Data extracts ▸
________________________________________

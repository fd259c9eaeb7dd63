-- ===== src/Asl/Entries.antt =====
-- What the active semaphore list stands for: an entry for each semaphore that pcbs wait on.
use mathlib.Core.List.{append_assoc}
use os_fall_2021_project.Prelude.{
  ℕ, ◌<◌, ◌≡◌, ◌≢◌, refl, true, ◌||◌, List, [], ◌∷◌, ◌++◌, arith, ◌==◌, ltb, if◌then◌else◌, has,
  AllTrue, Distinct, in_range, reverse, has-reverse, has-append, AllTrue-has, AllTrue-of_has, ◌∙◌,
}
use os_fall_2021_project.Machine.Word.{null, max_proc}
use os_fall_2021_project.Pcb.{Procs}
use os_fall_2021_project.Pcb.Ring.{IsQueue}
use os_fall_2021_project.Pcb.FreeList.{IsRing-frame}
use os_fall_2021_project.Pcb.Seg.{last, has-last}
use os_fall_2021_project.Asl.{Semds, Asl}

-- A descriptor, its semaphore, and the pcbs that wait, the first one first.
pub record Entry : Type 0 where
  pub semd : ℕ
  pub sem_add : ℕ
  pub queue : List ℕ

abbrev pub semds_of : List Entry → List ℕ
semds_of [] = []
semds_of (e ∷ es) = e.semd ∷ semds_of es

abbrev pub keys_of : List Entry → List ℕ
keys_of [] = []
keys_of (e ∷ es) = e.sem_add ∷ keys_of es

abbrev pub pcbs_of : List Entry → List ℕ
pcbs_of [] = []
pcbs_of (e ∷ es) = e.queue ++ pcbs_of es

-- The dummy nodes.
abbrev pub dummy_head : ℕ
dummy_head = 21

abbrev pub dummy_tail : ℕ
dummy_tail = 22

pub record Holds (sd : Semds) (pr : Procs) (e : Entry) : Type 0 where
  pub key : sd.s_sem_add e.semd ≡ e.sem_add
  pub queued : IsQueue pr (sd.s_proc_q e.semd) e.queue
  pub busy : e.queue ≢ []
  pub waits : AllTrue (λ p. pr.p_sem_add p == e.sem_add) e.queue

-- From the descriptor `a` the links lead through the entries.
abbrev pub Run : Semds → Procs → ℕ → List Entry → Type 0
Run sd pr a [] = Unit
Run sd pr a (e ∷ es) = (sd.s_next a ≡ e.semd) × Holds sd pr e × Run sd pr e.semd es

-- The addresses grow, from above `lo` to below `null`.
abbrev pub Sorted : ℕ → List ℕ → Type 0
Sorted lo [] = Unit
Sorted lo (k ∷ ks) = (lo < k) × (k < null) × Sorted k ks

-- The free list, which ends in `null` or in 0.
abbrev pub FreeChain : (next : ℕ → ℕ) → ℕ → List ℕ → Type 0
FreeChain next a [] = (a == null || a == 0) ≡ true
FreeChain next a (f ∷ fs) = (a ≡ f) × FreeChain next (next f) fs

-- The invariant of asl.c: `es` is active, `fs` is free.
pub record IsAsl (s : Asl) (es : List Entry) (fs : List ℕ) : Type 0 where
  pub head : s.semds.semd_h ≡ dummy_head
  pub run : Run s.semds s.procs dummy_head es
  pub end : s.semds.s_next (last dummy_head (semds_of es)) ≡ dummy_tail
  pub top : s.semds.s_sem_add dummy_tail ≡ null
  pub sorted : Sorted 0 (keys_of es)
  pub free : FreeChain s.semds.s_next s.semds.semd_free_h fs
  pub distinct : Distinct (semds_of es ++ fs)
  pub valid : AllTrue (in_range max_proc) (semds_of es ++ fs)
  pub apart : Distinct (pcbs_of es)

-- The entries below a semaphore address, and the others.
unfoldable pub behind : ℕ → List Entry → List Entry
behind k [] = []
behind k (e ∷ es) = if ltb e.sem_add k then e ∷ behind k es else []

unfoldable pub ahead : ℕ → List Entry → List Entry
ahead k [] = []
ahead k (e ∷ es) = if ltb e.sem_add k then ahead k es else e ∷ es

pub behind-ahead : (k : ℕ) (es : List Entry) → behind k es ++ ahead k es ≡ es
unfolding behind ahead
behind-ahead k [] = refl
behind-ahead k (e ∷ es) = ground (arith, behind-ahead k es)

pub semds_of-append : (xs ys : List Entry) → semds_of (xs ++ ys) ≡ semds_of xs ++ semds_of ys
semds_of-append [] ys = refl
semds_of-append (e ∷ xs) ys = rw (semds_of-append xs ys)

pub keys_of-append : (xs ys : List Entry) → keys_of (xs ++ ys) ≡ keys_of xs ++ keys_of ys
keys_of-append [] ys = refl
keys_of-append (e ∷ xs) ys = rw (keys_of-append xs ys)

pub pcbs_of-append : (xs ys : List Entry) → pcbs_of (xs ++ ys) ≡ pcbs_of xs ++ pcbs_of ys
pcbs_of-append [] ys = refl
pcbs_of-append (e ∷ xs) ys = rw (pcbs_of-append xs ys, append_assoc)

module _ (sd : Semds) (pr : Procs) where
  pub Run-split :
      (a : ℕ) (xs ys : List Entry)
      → Run sd pr a (xs ++ ys)
      → Run sd pr a xs × Run sd pr (last a (semds_of xs)) ys
  unfolding last
  Run-split a [] ys r = (tt, r)
  Run-split a (e ∷ xs) ys r = let rest = Run-split e.semd xs ys r.2 in ((r.0, r.1, rest.0), rest.1)

  pub Run-join :
      (a : ℕ) (xs ys : List Entry)
      → Run sd pr a xs
      → Run sd pr (last a (semds_of xs)) ys
      → Run sd pr a (xs ++ ys)
  unfolding last
  Run-join a [] ys r t = t
  Run-join a (e ∷ xs) ys r t = (r.0, r.1, Run-join e.semd xs ys r.2 t)

-- An entry survives a change that spares its descriptor and its pcbs.
pub Holds-frame :
    (sd sd' : Semds) (pr pr' : Procs) (e : Entry)
    → Holds sd pr e
    → sd'.s_sem_add e.semd ≡ sd.s_sem_add e.semd
    → sd'.s_proc_q e.semd ≡ sd.s_proc_q e.semd
    → ((p : ℕ)
        → has p e.queue ≡ true
        → (pr'.p_next p ≡ pr.p_next p)
          × (pr'.p_prev p ≡ pr.p_prev p)
          × (pr'.p_sem_add p ≡ pr.p_sem_add p))
    → Holds sd' pr' e
Holds-frame sd sd' pr pr' e h hk hq same = record {
  key = hk ∙ h.key;
  queued = rw hq (
      IsRing-frame (reverse e.queue) h.queued (λ b m. (same b (rw (← has-reverse b e.queue) m)).0)
        (λ b m. (same b (rw (← has-reverse b e.queue) m)).1));
  busy = h.busy;
  waits =
      AllTrue-of_has (λ p. pr'.p_sem_add p == e.sem_add) e.queue
        λ b m.
          rw ((same b m).2) (AllTrue-has (λ p. pr.p_sem_add p == e.sem_add) b e.queue h.waits m);
}

-- So does a run, whose last link may change.
pub Run-frame :
    (sd sd' : Semds) (pr pr' : Procs) (a : ℕ) (es : List Entry)
    → Run sd pr a es
    → Distinct (a ∷ semds_of es)
    → ((b : ℕ)
        → has b (a ∷ semds_of es) ≡ true
        → b ≢ last a (semds_of es)
        → sd'.s_next b ≡ sd.s_next b)
    → ((b : ℕ)
        → has b (semds_of es) ≡ true
        → (sd'.s_sem_add b ≡ sd.s_sem_add b) × (sd'.s_proc_q b ≡ sd.s_proc_q b))
    → ((p : ℕ)
        → has p (pcbs_of es) ≡ true
        → (pr'.p_next p ≡ pr.p_next p)
          × (pr'.p_prev p ≡ pr.p_prev p)
          × (pr'.p_sem_add p ≡ pr.p_sem_add p))
    → Run sd' pr' a es
unfolding last
Run-frame sd sd' pr pr' a [] r d hn hs hp = tt
Run-frame sd sd' pr pr' a (e ∷ es) r d hn hs hp = (
  ground (arith, hn a, has-last e.semd (semds_of es)),
  Holds-frame sd sd' pr pr' e r.1 (hs e.semd (ground arith)).0 (hs e.semd (ground arith)).1
      (λ p m. hp p (rw (has-append p e.queue (pcbs_of es), m))),
  Run-frame sd sd' pr pr' e.semd es r.2 d.1 (λ b m ne. hn b (ground arith) ne)
      (λ b m. hs b (ground arith))
      (λ p m. hp p (ground (arith, has-append p e.queue (pcbs_of es)))),
)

________________________________________

What the exercise asks ▸ Find every line above that contains the word "same", and return each one.

Your response ▸
Holds-frame sd sd' pr pr' e h hk hq same = record {
      IsRing-frame (reverse e.queue) h.queued (λ b m. (same b (rw (← has-reverse b e.queue) m)).0)
        (λ b m. (same b (rw (← has-reverse b e.queue) m)).1));
          rw ((same b m).2) (AllTrue-has (λ p. pr.p_sem_add p == e.sem_add) b e.queue h.waits m);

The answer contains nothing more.